When you’re in the business of creating software that addresses newly-developing online threats, the terminology practically generates itself. A quick stroll through AlienVault’s  Open Threat Exchange® (OTX™) will show you all kinds of words that have never been defined.

And it’s my job to get those into a glossary for you.

It works like this: Attacker (not hacker, for the love of all things fluffy) attacks. Researchers discover. Pulse gets written. I read the pulses, identify the “…and then the thing happens” terms, research to see where along the protologism > neologism spectrum it falls by seeing if anyone anywhere else is talking about the word, and how they are talking about them, create a definition, and drop that into the glossary that then gets used in the documentation.
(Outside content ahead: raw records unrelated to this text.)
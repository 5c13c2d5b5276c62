-- ===== src/Runtime/Leave.antt =====
-- The loop in which `do_stop` of src/runtime/edge_runtime.cpp waits for the generations of a pipeline
-- when it leaves gracefully. Round i sees the clock at `now i`, in nanoseconds, and the pipeline that
-- its workers have made by then.
use socrates.Prelude.{
  ℕ, zero, suc, ◌+◌, ◌-◌, ◌*◌, ◌^◌, ◌≤◌, ◌<◌, ◌≡◌, not, Option, none, some, if◌then◌else◌, ltb,
  arith, Bool-cases, ◌⊎◌, inl, inr, refl,
}
use socrates.Pipeline.Store.{Pipeline}
use socrates.Pipeline.Control.{active_generation_count}

abbrev pub drain_timeout : ℕ
drain_timeout = 30 * 10 ^ 9

-- The round that ends the loop, none where the fuel runs out.
unfoldable pub drain : (ℕ → Pipeline) → (ℕ → ℕ) → ℕ → ℕ → ℕ → Option ℕ
drain pipeline now drain_start zero i = none
drain pipeline now drain_start (suc fuel) i =
    let rest = drain pipeline now drain_start fuel (suc i) in
    if not (ltb 0 (active_generation_count (pipeline i)))
    then some i
    else if ltb drain_timeout (now i - drain_start)
    then some i
    else rest

-- Why round i ends the loop.
abbrev pub Drained : (ℕ → Pipeline) → (ℕ → ℕ) → ℕ → ℕ → Type 0
Drained pipeline now drain_start i =
    (active_generation_count (pipeline i) ≡ 0) ⊎ (drain_timeout < now i - drain_start)

module _ (pipeline : ℕ → Pipeline) (now : ℕ → ℕ) (drain_start : ℕ)
    (sleeps : (i : ℕ) → now i + 10 ^ 8 ≤ now (suc i)) where
  drain-ends :
      (fuel i : ℕ)
      → drain_start + i * 10 ^ 8 ≤ now i
      → 302 ≤ fuel + i
      → i ≤ 301
      → (n : ℕ) × (drain pipeline now drain_start fuel i ≡ some n)
        × (n ≤ 301)
        × Drained pipeline now drain_start n
  unfolding drain
  drain-ends zero i late enough few = absurd (omega arith)
  drain-ends (suc fuel) i late enough few =
      elim (Bool-cases (ltb 0 (active_generation_count (pipeline i)))) [
        | inr idle ↦ (i, rw idle refl, few, inl (ground (arith, idle)))
        | inl busy ↦ elim (Bool-cases (ltb drain_timeout (now i - drain_start))) [
          | inl over ↦ (i, rw (busy, over) refl, few, inr (ground (arith, over)))
          | inr within ↦
              let (n, ended, bound, why) =
                drain-ends fuel (suc i) (omega (arith, sleeps i)) (omega arith)
                  (ground (arith, within, late)) in
              (n, rw (busy, within, drain) ended, bound, why)
        ]
      ]

-- Waiting for the generations ends: where each sleep of a round lasts at least its 100 milliseconds,
-- the loop ends after at most 301 sleeps, and it ends because no generation is active any more or
-- because more than 30 seconds have passed.
pub drain_terminates :
    (pipeline : ℕ → Pipeline) (now : ℕ → ℕ) (drain_start : ℕ)
    → ((i : ℕ) → now i + 10 ^ 8 ≤ now (suc i))
    → drain_start ≤ now 0
    → (n : ℕ) × (drain pipeline now drain_start 302 0 ≡ some n)
      × (n ≤ 301)
      × Drained pipeline now drain_start n
drain_terminates pipeline now drain_start sleeps before =
    drain-ends pipeline now drain_start sleeps 302 0 (omega arith) (omega arith) (omega arith)
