-- ===== src/Runtime/Reachable.antt =====
-- What holds of every runtime that the calls of src/runtime/edge_runtime.cpp can lead to.
use socrates.Prelude.{
  ℕ, ◌≡◌, refl, sym, subst, ◌∙◌, Bool, true, false, not, ◌||◌, Option, none, some, List, Text,
  eq_of_some, arith, Bool-cases, Option-cases, inl, inr,
}
use socrates.Types.{Result, ok, err, ErrorCode, >>=-eq-ok, ok-injective}
use socrates.Cluster.Membership
use socrates.Cluster.Membership.{
  Call, observes, updates_capability, updates_model_presence, promotes, updates_local_role,
  MembershipService, Emits, observe, update_capability, update_model_presence, update_local_role,
  promote_joining_members, find_member,
}
use socrates.Cluster.Election
use socrates.Cluster.Election.{BullyElection, update_membership, Effect, current}
use socrates.Manifest.{ManifestSummary}
use socrates.Scheduler.{PipelinePlan}
use socrates.Scheduler.Plan.{Host}
use socrates.Pipeline.{InferenceRequest}
use socrates.Pipeline.Store.{Pipeline}
use socrates.Runtime.State.{RuntimeState, serves, is_stopped, is_stopping}
use socrates.Runtime.Keeps.{
  Keeps, members_run, election_runs, has_parts, register_self_runs, heartbeat_turn-Keeps,
  generate-Keeps, join_cluster-Keeps,
}
use socrates.Runtime.Start.{
  begin_start, start_identified, discovered, RuntimeConfig, Environment, make_edge_runtime, start,
  finish_start, started_membership,
}
use socrates.Runtime.{
  EdgeRuntime, RuntimeSnapshot, snapshot, runtime_snapshot, generate, join_cluster, heartbeat_turn,
  do_stop, halted, membership_or_empty, leadership_or_none, emit_snapshot,
}

-- The calls that return to their caller; a start also where it fails, since it leaves its traces.
pub data Step : EdgeRuntime → EdgeRuntime → Type 0 where
  starts :
      {r : EdgeRuntime} (env : Environment) (config : RuntimeConfig) (has_callback : Bool)
      → Step r (start env config has_callback r).0
  generates :
      {r r' : EdgeRuntime} (request : InferenceRequest) (has_callback stop_requested : Bool)
      (handle : ℕ)
      → generate r request has_callback stop_requested ≡ ok (r', handle)
      → Step r r'
  joins :
      {r r' : EdgeRuntime} (host : Host) (published : Option (Result ManifestSummary))
      (token : Text) (now : ℕ) (stop_requested : Bool) (saved : List PipelinePlan)
      (out : List RuntimeSnapshot)
      → join_cluster host published token now r stop_requested ≡ ok (r', saved, out)
      → Step r r'
  beats :
      {r r' : EdgeRuntime} (token : Text) (now : ℕ) → heartbeat_turn token now r ≡ ok r' → Step r r'
  stops : {r r' : EdgeRuntime} (out : List RuntimeSnapshot) → do_stop r ≡ ok (r', out) → Step r r'

pub data Reachable : EdgeRuntime → Type 0 where
  made : (received_at : ℕ) → Reachable (make_edge_runtime received_at)
  called : {r r' : EdgeRuntime} → Reachable r → Step r r' → Reachable r'

-- What there is runs, and a runtime that serves has all of it.
pub record Sound (r : EdgeRuntime) : Type 0 where
  pub members : members_run r.membership ≡ true
  pub election : election_runs r.election ≡ true
  pub complete : not (serves r.state) || has_parts r ≡ true

Sound-Keeps : {r r' : EdgeRuntime} → Keeps r r' → Sound r → Sound r'
Sound-Keeps k i = record {
  members = k.members ∙ i.members;
  election = k.election ∙ i.election;
  complete = ground (arith, k.complete, k.state, i.complete);
}

finish_start-Sound :
    (env : Environment) (config : RuntimeConfig) (id : Text) (m : MembershipService)
    (r : EdgeRuntime)
    → m.running ≡ true
    → Sound (finish_start env config id m r).0
unfolding finish_start Election.start Election.initial
finish_start-Sound env config id m r h = record {
  members = register_self_runs _ _ env.now m ∙ h;
  election = refl;
  complete = refl;
}

discovered-Sound :
    (env : Environment) (config : RuntimeConfig) (id : Text) (m : MembershipService)
    (r : EdgeRuntime) (o : Option ErrorCode)
    → m.running ≡ true
    → Sound r
    → Sound (discovered env config id m r o).0
discovered-Sound env config id m r none h i = finish_start-Sound env config id m r h
discovered-Sound env config id m r (some code) h i = i

start_identified-Sound :
    (env : Environment) (config : RuntimeConfig) (o : Result Text) (r : EdgeRuntime)
    → serves r.state ≡ false
    → Sound r
    → Sound (start_identified env config o r).0
unfolding Membership.start Membership.initial
start_identified-Sound env config (err code) r h i = i
start_identified-Sound env config (ok id) r h i =
    discovered-Sound env config id (started_membership env.identity_provider) _ env.discovery refl
      (record { members = refl; election = i.election; complete = ground (arith, h) })

start-Sound :
    (env : Environment) (config : RuntimeConfig) (has_callback : Bool) (r : EdgeRuntime)
    → Sound r
    → Sound (start env config has_callback r).0
unfolding start
start-Sound env config has_callback r i = elim (Bool-cases (is_stopped r.state)) [
  | inl e ↦ rw e (
      start_identified-Sound env config _ (begin_start config has_callback r) refl
        (record { members = i.members; election = i.election; complete = refl }))
  | inr e ↦ rw e i
]

do_stop-Sound :
    (r r' : EdgeRuntime) (out : List RuntimeSnapshot)
    → do_stop r ≡ ok (r', out)
    → Sound r
    → Sound r'
unfolding do_stop
do_stop-Sound r r' out h i = elim (Bool-cases (is_stopped r.state)) [
  | inl e ↦ subst (λ x. Sound x.0) (ok-injective (rw e at h)) i
  | inr e ↦ elim (Bool-cases (is_stopping r.state)) [
    | inl f ↦ subst (λ x. Sound x.0) (ok-injective (rw (e, f) at h)) i
    | inr f ↦
        let (last, _, h') = >>=-eq-ok (emit_snapshot (halted r)) _ (rw (e, f) at h) in
        subst (λ x. Sound x.0) (ok-injective h')
          (record { members = refl; election = refl; complete = refl })
  ]
]

step-Sound : {r r' : EdgeRuntime} → Step r r' → Sound r → Sound r'
step-Sound (starts env config has_callback) i = start-Sound env config has_callback _ i
step-Sound (generates request has_callback stop_requested handle h) i =
    Sound-Keeps (generate-Keeps _ _ request has_callback stop_requested handle h) i
step-Sound (joins host published token now stop_requested saved out h) i =
    Sound-Keeps (join_cluster-Keeps host published token now _ _ stop_requested saved out h) i
step-Sound (beats token now h) i = Sound-Keeps (heartbeat_turn-Keeps token now _ _ h) i
step-Sound (stops out h) i = do_stop-Sound _ _ out h i

Reachable-Sound : {r : EdgeRuntime} → Reachable r → Sound r
unfolding make_edge_runtime
Reachable-Sound (made received_at) = record { members = refl; election = refl; complete = refl }
Reachable-Sound (called before step) = step-Sound step (Reachable-Sound before)

parts :
    (r : EdgeRuntime)
    → has_parts r ≡ true
    → (m : MembershipService) × (e : BullyElection) × (p : Pipeline) × (r.membership ≡ some m)
      × (r.election ≡ some e)
      × (r.pipeline ≡ some p)
parts r h = elim (Option-cases r.membership) [
  | inl q ↦ absurd (ground (arith, q, h))
  | inr (m, q) ↦ elim (Option-cases r.election) [
    | inl q' ↦ absurd (ground (arith, q', h))
    | inr (e, q') ↦ elim (Option-cases r.pipeline) [
      | inl q'' ↦ absurd (ground (arith, q'', h))
      | inr (p, q'') ↦ (m, e, p, q, q', q'')
    ]
  ]
]

not_stopped : (s : RuntimeState) → serves s ≡ true → is_stopped s ≡ false
not_stopped s h = ground arith

members_seen :
    (o : Option MembershipService) (m : MembershipService)
    → o ≡ some m
    → members_run o ≡ true
    → membership_or_empty o ≡ ok (Membership.build_snapshot m)
unfolding Membership.snapshot
members_seen none m q h = absurd (cc)
members_seen (some m') m q h = rw (sym (eq_of_some q), h) refl

leader_seen :
    (o : Option BullyElection) (e : BullyElection)
    → o ≡ some e
    → election_runs o ≡ true
    → leadership_or_none o ≡ ok e.state
unfolding current
leader_seen none e q h = absurd (cc)
leader_seen (some e') e q h = rw (sym (eq_of_some q), h) refl

-- Whatever calls were made since a runtime was made, starts that failed and stops among them: while
-- its state is ready or degraded it has a pipeline, so that generate never reaches for one that is
-- not there, and membership and election run, so that its snapshot is returned and does not throw.
pub snapshot-Reachable :
    (r : EdgeRuntime)
    → Reachable r
    → serves r.state ≡ true
    → (m : MembershipService) × (e : BullyElection) × (p : Pipeline) × (r.pipeline ≡ some p)
      × (snapshot r
          ≡ ok (record {
            state = r.state;
            membership = Membership.build_snapshot m;
            leadership = e.state;
            active_plan = r.current_plan;
            local_models = r.local_models;
            local_role = r.local_role;
          }))
unfolding snapshot runtime_snapshot
snapshot-Reachable r reached h =
    let i = Reachable-Sound reached in
    let (m, e, p, q, q', q'') = parts r (ground (arith, i.complete, h)) in
    let running = not_stopped r.state h in
    (
      m,
      e,
      p,
      q'',
      rw (running, members_seen r.membership m q i.members, leader_seen r.election e q' i.election)
          refl,
    )
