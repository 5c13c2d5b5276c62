-- ===== src/Scheduler/Placement/Memory.antt =====
-- Memory of a node through the placement loop of src/scheduler/memory_scheduler.cpp.
use socrates.Prelude.{
  ℕ, ◌+◌, ◌≡◌, ◌∙◌, List, [], ◌∷◌, arith, Bool-cases, Text, text_eq, if◌then◌else◌, sum_by,
  sum_by-append, sum_by-perm, inl, inr,
}
use socrates.Types.{ok, >>=-eq-ok, ok-injective}
use socrates.Scheduler.{ShardOption, StageAssignment}
use socrates.Scheduler.Placement.{
  NodeSlot, Placer, Placing, SortLaws, make_stage, resort, place_shard, place_all,
}
use socrates.Scheduler.Placement.Took.{Took, here, there, Fits, try_slot-Fits, place_shard-Round}

-- What a node has left, and what the stages placed on it reserve.
abbrev pub slot_free : Text → NodeSlot → ℕ
slot_free n slot = if text_eq slot.node_id n then slot.remaining_memory_bytes else 0

abbrev pub stage_used : Text → StageAssignment → ℕ
stage_used n st = if text_eq st.node_id n then st.reserved_memory_bytes else 0

abbrev pub free_bytes : Text → List NodeSlot → ℕ
free_bytes n = sum_by (slot_free n)

abbrev pub used_bytes : Text → List StageAssignment → ℕ
used_bytes n = sum_by (stage_used n)

module _ (p : Placer) (shard : ShardOption) (ordinal : ℕ) (n : Text) where
  Fits-bytes :
      (slot slot' : NodeSlot) (st : StageAssignment)
      → Fits p shard ordinal slot slot' st
      → slot_free n slot' + stage_used n st ≡ slot_free n slot
  unfolding make_stage
  Fits-bytes slot slot' st f =
      let h = f.enough in
      rw (f.taken, f.made)
        (elim (Bool-cases (text_eq slot.node_id n)) [
          | inl e ↦ rw e (omega arith)
          | inr e ↦ rw e (omega arith)
        ])

  Took-bytes :
      {slots slots' : List NodeSlot} {st : StageAssignment}
      → Took p shard ordinal slots slots' st
      → free_bytes n slots' + stage_used n st ≡ free_bytes n slots
  Took-bytes (here rest e) = omega (arith, Fits-bytes _ _ _ (try_slot-Fits p shard ordinal _ _ _ e))
  Took-bytes (there slot t) = omega (arith, Took-bytes t)

module _ (p : Placer) (laws : SortLaws p.sorts) (n : Text) where
  resort-bytes : (slots : List NodeSlot) → free_bytes n (resort p slots) ≡ free_bytes n slots
  unfolding resort
  resort-bytes slots = elim (Bool-cases p.sort_nodes_before_each_shard) [
    | inl e ↦ rw e (sum_by-perm (slot_free n) (laws.by_remaining_memory-perm slots))
    | inr e ↦ rw e
  ]

  place_shard-bytes :
      (shard : ShardOption) (s t : Placing)
      → place_shard p shard s ≡ ok t
      → free_bytes n t.node_slots + used_bytes n t.stages
        ≡ free_bytes n s.node_slots + used_bytes n s.stages
  place_shard-bytes shard s t h =
      let r = place_shard-Round p shard s t h in
      rw r.committed (
        omega (
          arith,
          sum_by-append (stage_used n) s.stages (r.stage ∷ []),
          Took-bytes p shard s.ordinal n r.took,
          resort-bytes s.node_slots,
        ))

  -- The placement loop moves bytes from the slots of a node to its stages and loses none.
  pub place_all-bytes :
      (shards : List ShardOption) (s t : Placing)
      → place_all p shards s ≡ ok t
      → free_bytes n t.node_slots + used_bytes n t.stages
        ≡ free_bytes n s.node_slots + used_bytes n s.stages
  unfolding place_all
  place_all-bytes [] s t h = rw (ok-injective h)
  place_all-bytes (shard ∷ rest) s t h =
      let (m, e, k) = >>=-eq-ok (place_shard p shard s) _ h in
      place_all-bytes rest m t k ∙ place_shard-bytes shard s m e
I’m pretty serious about clear, easy to understand documentation. I think that we, who eat and sleep and breathe new technology, owe it to the users who aren’t in the room where the “…and then the thing happens” moments occur, to make those language evolutions as clear as possible, as understandable as possible. InfoSec and good security habits are critical to everyone’s safety in this world (Alec Muffett proved that back in 1990 with Crack), and people don’t adopt what they don’t understand. It’s on us to bridge that gap, and not only create software that people can use to protect themselves digitally, but also to give them the language we’ve created, so they can understand.